CoNi nanoparticles encapsulated by nitrogen-doped carbon nanotube arrays on reduced graphene oxide sheets for electromagnetic wave absorption

Because of the unique physicochemical properties of three-dimensional (3D) architecture, it has attracted wide attention in the field of electromagnetic wave absorption. However, it is difficult to grow carbon nanotube (CNT) arrays on reduced graphene oxide (rGO) sheets due to ultrathin feature of rGO sheets. In this work, we grow CoNi nanoparticle-encapsulated within nitrogen-doped CNT (NCNT) arrays on ultrathin rGO sheets (3D CoNi/N-GCT) through a simple vacuum freeze-drying process and subsequent carbonization at a high temperature.
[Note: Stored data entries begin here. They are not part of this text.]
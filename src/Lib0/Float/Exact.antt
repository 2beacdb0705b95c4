-- ===== src/Lib0/Float/Exact.antt =====
-- Small integers survive the conversion to float64 and back.
use native.Mathlib.Nat.{
  pow-suc, pow-le-pow_right, one-le-pow, mul-div_cancel, mul-mod_left, mul-add-mod_self_right,
  mul-le-mul_right, mul-lt-mul_of_pos_right,
}
use native.Mathlib.Decide.{dec_lt}
use crdt_server.Base.{
  ◌&&◌, ℕ, zero, suc, ◌+◌, ◌-◌, ◌*◌, ◌/◌, ◌%◌, ◌^◌, ◌≤◌, ◌<◌, ◌≡◌, ◌⊎◌, inl, inr, refl, sym, ap,
  ◌∙◌, Bool, true, false, leb, ◌==◌, arith, lt→ltb, le→ltb, if◌then◌else◌, sub_u64,
}
use crdt_server.Lib0.Float.{
  sign_of, exponent_of, fraction_of, is_zero, is_int31, to_int64, top_bit, of_magnitude, of_uint64,
  of_int64,
}

top_bit_bounds :
    (rounds m : ℕ)
    → 0 < m
    → m < 2 ^ rounds
    → (2 ^ top_bit rounds m ≤ m) × (m < 2 * 2 ^ top_bit rounds m)
unfolding top_bit
top_bit_bounds zero m h hm = absurd (omega arith)
top_bit_bounds (suc rounds) m h hm = elim (dec_lt m 2) [
  | yes small ↦ rw (lt→ltb m 2 small) (omega arith, omega arith)
  | no big ↦
      let (lo, hi) =
        top_bit_bounds rounds (m / 2) (omega arith) (omega (arith, pow-suc 2 rounds)) in
      let twice = pow-suc 2 (top_bit rounds (m / 2)) in
      rw (le→ltb 2 m (omega arith)) (omega (arith, twice), omega (arith, twice))
]

-- Powers of two over the exponents that a small integer meets.
lt→leb : (a b : ℕ) → a < b → leb a b ≡ true
lt→leb a b h = ground arith

scale_table : (n : ℕ) → Bool
scale_table zero = true
scale_table (suc n) = if 2 ^ n * 2 ^ (52 - n) == 2 ^ 52 then scale_table n else false

scale_table-at : (n k : ℕ) → scale_table n ≡ true → k < n → 2 ^ k * 2 ^ (52 - k) ≡ 2 ^ 52
unfolding scale_table
scale_table-at zero k e h = absurd (omega arith)
scale_table-at (suc n) k e h = ground (arith, scale_table-at n k)

scale_eq : (k : ℕ) → k < 31 → 2 ^ k * 2 ^ (52 - k) ≡ 2 ^ 52
unfolding scale_table
scale_eq k h = scale_table-at 31 k refl h

-- The shape of a small positive integer as a float64.
record IsScaled (m v : ℕ) : Type 0 where
  k : ℕ
  fraction : ℕ
  small : k ≤ 30
  below : fraction < 2 ^ 52
  shape : v ≡ (k + 1023) * 2 ^ 52 + fraction
  exact : 2 ^ 52 + fraction ≡ m * 2 ^ (52 - k)

small_exponent : (k m : ℕ) → 2 ^ k ≤ m → m < 2 ^ 31 → k < 31
small_exponent k m lo hm = elim (dec_lt k 31) [
  | yes h ↦ h
  | no h ↦
      absurd (omega (arith, pow-le-pow_right {n = 2} (omega arith) {i = 31} {j = k} (omega arith)))
]

module _ (k m : ℕ) (lo : 2 ^ k ≤ m) (hi : m < 2 * 2 ^ k) (small : k < 31) where
  scaled_lo : 2 ^ 52 ≤ m * 2 ^ (52 - k)
  scaled_lo = omega (arith, scale_eq k small, mul-le-mul_right (2 ^ (52 - k)) lo)

  scaled_hi : m * 2 ^ (52 - k) < 2 * 2 ^ 52
  scaled_hi =
      let room : 0 < 2 ^ (52 - k) = one-le-pow (52 - k) 2 (omega arith) in
      omega (
        arith,
        ap (λ (t : ℕ). 2 * t) (scale_eq k small),
        mul-lt-mul_of_pos_right {m = m} {n = 2 * 2 ^ k} hi room,
      )

of_magnitude-IsScaled : (m : ℕ) → 0 < m → m < 2 ^ 31 → IsScaled m (of_magnitude m)
unfolding of_magnitude
of_magnitude-IsScaled m h hm =
    let (lo, hi) = top_bit_bounds 64 m h (omega arith) in
    let small = small_exponent (top_bit 64 m) m lo hm in
    let from_below = scaled_lo (top_bit 64 m) m lo hi small in
    let from_above = scaled_hi (top_bit 64 m) m lo hi small in
    record {
      k = top_bit 64 m;
      fraction = m * 2 ^ (52 - top_bit 64 m) - 2 ^ 52;
      small = omega arith;
      below = omega arith;
      shape = rw (lt→leb (top_bit 64 m) 52 (omega arith));
      exact = omega arith;
    }

scaled_parts :
    (m v : ℕ) (s : IsScaled m v) (sign : ℕ)
    → sign < 2
    → (sign_of (sign * 2 ^ 63 + v) ≡ sign)
      × (exponent_of (sign * 2 ^ 63 + v) ≡ s.k + 1023)
      × (fraction_of (sign * 2 ^ 63 + v) ≡ s.fraction)
scaled_parts m v s sign h =
    let shape = s.shape in
    let below = s.below in let small = s.small in (omega arith, omega arith, omega arith)

multiple : (p a m f : ℕ) → a * p + f ≡ m * p → f % p ≡ 0
multiple p a m f e = sym (mul-add-mod_self_right a p f) ∙ ap (λ (t : ℕ). t % p) e ∙ mul-mod_left m p

-- A float64 of that shape, with either sign, is integral, and its value is `m`.
module _ (m v : ℕ) (s : IsScaled m v) (sign : ℕ) (h : sign < 2) where
  power : 1075 - (s.k + 1023) ≡ 52 - s.k
  power = omega (arith, s.small)

  IsScaled-is_int31 : is_int31 (sign * 2 ^ 63 + v) ≡ true
  unfolding is_int31
  IsScaled-is_int31 =
      let (_, e, f) = scaled_parts m v s sign h in
      let small = s.small in
      let power' = scale_eq s.k (omega arith) in
      let whole : s.fraction % 2 ^ (52 - s.k) ≡ 0 =
        multiple (2 ^ (52 - s.k)) (2 ^ s.k) m s.fraction (omega (arith, s.exact)) in
      rw (e, f, power, whole) (ground arith)

  IsScaled-to_int64 : to_int64 (sign * 2 ^ 63 + v) ≡ (if sign == 1 then sub_u64 0 m else m)
  unfolding to_int64
  IsScaled-to_int64 =
      let (g, e, f) = scaled_parts m v s sign h in
      let small = s.small in
      let room : 0 < 2 ^ (52 - s.k) = one-le-pow (52 - s.k) 2 (omega arith) in
      rw (e, f, g, power, s.exact, mul-div_cancel m room) (ground arith)

  IsScaled-is_zero : is_zero (sign * 2 ^ 63 + v) ≡ false
  unfolding is_zero
  IsScaled-is_zero = let (_, e, _) = scaled_parts m v s sign h in rw e (ground arith)

-- An int64 of magnitude below 2^31, by its bit pattern.
abbrev pub IsInt31 : ℕ → Type 0
IsInt31 t = (t < 2 ^ 31) ⊎ ((2 ^ 64 - 2 ^ 31 < t) × (t < 2 ^ 64))

of_int64-eq_pos : (t : ℕ) → 0 < t → t < 2 ^ 31 → of_int64 t ≡ 0 * 2 ^ 63 + of_magnitude t
unfolding of_int64 of_uint64
of_int64-eq_pos t h hm = ground arith

of_int64-eq_neg :
    (t : ℕ) → 2 ^ 64 - 2 ^ 31 < t → t < 2 ^ 64 → of_int64 t ≡ 1 * 2 ^ 63 + of_magnitude (2 ^ 64 - t)
unfolding of_int64
of_int64-eq_neg t h hm =
    let small : (0 + 2 ^ 64 - t) % 2 ^ 64 ≡ 2 ^ 64 - t = omega arith in
    rw (lt→ltb (2 ^ 63 - 1) t (omega arith), small)

-- A number below 2^31 in magnitude is integral as a float64, and is what converting back gives.
pub of_int64-exact :
    (t : ℕ) → IsInt31 t → (is_int31 (of_int64 t) ≡ true) × (to_int64 (of_int64 t) ≡ t)
of_int64-exact zero (inl h) = unfold of_int64 of_uint64 is_int31 to_int64 in (refl, refl)
of_int64-exact (suc n) (inl h) =
    let s = of_magnitude-IsScaled (suc n) (omega arith) h in
    rw (of_int64-eq_pos (suc n) (omega arith) h)
      (IsScaled-is_int31 _ _ s 0 (omega arith), IsScaled-to_int64 _ _ s 0 (omega arith))
of_int64-exact t (inr (lo, hi)) =
    let s = of_magnitude-IsScaled (2 ^ 64 - t) (omega arith) (omega arith) in
    let back : (0 + 2 ^ 64 - (2 ^ 64 - t)) % 2 ^ 64 ≡ t = omega arith in
    rw (of_int64-eq_neg t lo hi)
      (IsScaled-is_int31 _ _ s 1 (omega arith), IsScaled-to_int64 _ _ s 1 (omega arith) ∙ back)

-- It is never the negative zero.
pub of_int64-ne-neg_zero :
    (t : ℕ) → IsInt31 t → (is_zero (of_int64 t) && sign_of (of_int64 t) == 1) ≡ false
of_int64-ne-neg_zero zero (inl h) = unfold of_int64 of_uint64 is_zero in refl
of_int64-ne-neg_zero (suc n) (inl h) =
    let s = of_magnitude-IsScaled (suc n) (omega arith) h in
    rw (of_int64-eq_pos (suc n) (omega arith) h, IsScaled-is_zero _ _ s 0 (omega arith))
of_int64-ne-neg_zero t (inr (lo, hi)) =
    let s = of_magnitude-IsScaled (2 ^ 64 - t) (omega arith) (omega arith) in
    rw (of_int64-eq_neg t lo hi, IsScaled-is_zero _ _ s 1 (omega arith))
The unique 3D architectures have large surfaces, abundant defects, various interfaces and void spaces, and nitrogen dopants. Benefitting from these advantages, the 3D CoNi/N-GCT shows excellent absorption properties toward electromagnetic wave. We find that the dielectric loss of our designed sample can be modulated by the metal composition and the morphology, leading to the controllable electromagnetic wave absorption property of the 3D CoNi/N-GCT. Our strategy opens a novel strategy for development 3D architectures for electromagnetic wave absorption.